[DATA PROVIDED Boundary: Start]
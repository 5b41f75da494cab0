-- ===== src/Tests/AuditTests.antt =====
-- The audit writer at concrete inputs.
use neuralgentics_broker.Prelude.{◌≡◌, refl, true, false, none, some, [], ◌∷◌, arith, eq_iff, ok}
use neuralgentics_broker.Audit.{AuditRecord, AuditWriter, Answer, close}
use neuralgentics_broker.Audit.Sinks.{
  Config, Openings, configure, new_audit_writer, new_audit_writer-configure,
}
use neuralgentics_broker.Audit.Delivery.{wrote, flushed, run, IsOpen, close-run_file}

abbrev all_open : Openings
all_open = record { mkdir = true; open_file = true; open_db = true; apply_schema = true }

abbrev plain : Config
plain = record { sink = 2; jsonl_path = "audit.jsonl"; pg_url = ""; batch_size = 100 }

-- `-audit jsonl+pg` with no URL
new_audit_writer-configure_example :
    (w : AuditWriter) × (new_audit_writer all_open plain ≡ ok w)
    × (w.jsonl_file ≡ true)
    × (w.pg_db ≡ false)
unfolding configure
new_audit_writer-configure_example =
    new_audit_writer-configure "audit.jsonl"
      (record { audit = "jsonl+pg"; audit_jsonl_path = ""; audit_pg_url = "" }) all_open plain
      (λ e. ground (arith, eq_iff "audit.jsonl" "")) refl (refl, refl, refl, refl)

abbrev rec : AuditRecord
rec = record {
  ts = 3;
  agent_role = "coder";
  server = "git";
  tool = "clone";
  args_hash = "";
  success = true;
  result_size = none;
  duration_ms = 1;
  error = none;
}

abbrev both_sinks : AuditWriter
both_sinks = record {
  sink = 6;
  batch_size = 1;
  buf = [];
  closed = false;
  jsonl_file = true;
  pg_db = true;
  jsonl = [];
  pg = [];
  signals = 0;
}

abbrev file_only : Answer
file_only = record { fails_after = none; commits = false }

abbrev table_only : Answer
table_only = record { fails_after = some 0; commits = true }

both_sinks-IsOpen : IsOpen both_sinks
both_sinks-IsOpen = record { on = refl; not_closed = refl }

close-run_file_example :
    (close file_only (run both_sinks (wrote rec ∷ flushed file_only ∷ wrote rec ∷ []))).0.jsonl
    ≡ rec ∷ rec ∷ []
close-run_file_example =
    close-run_file (wrote rec ∷ flushed file_only ∷ wrote rec ∷ []) file_only both_sinks
      both_sinks-IsOpen refl (refl, tt) refl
[DATA PROVIDED Boundary: End]
Above are the records; copy each line from them that includes the string "refl".

ANSWER TO THIS TASK -
use neuralgentics_broker.Prelude.{◌≡◌, refl, true, false, none, some, [], ◌∷◌, arith, eq_iff, ok}
      (λ e. ground (arith, eq_iff "audit.jsonl" "")) refl (refl, refl, refl, refl)
both_sinks-IsOpen = record { on = refl; not_closed = refl }
      both_sinks-IsOpen refl (refl, tt) refl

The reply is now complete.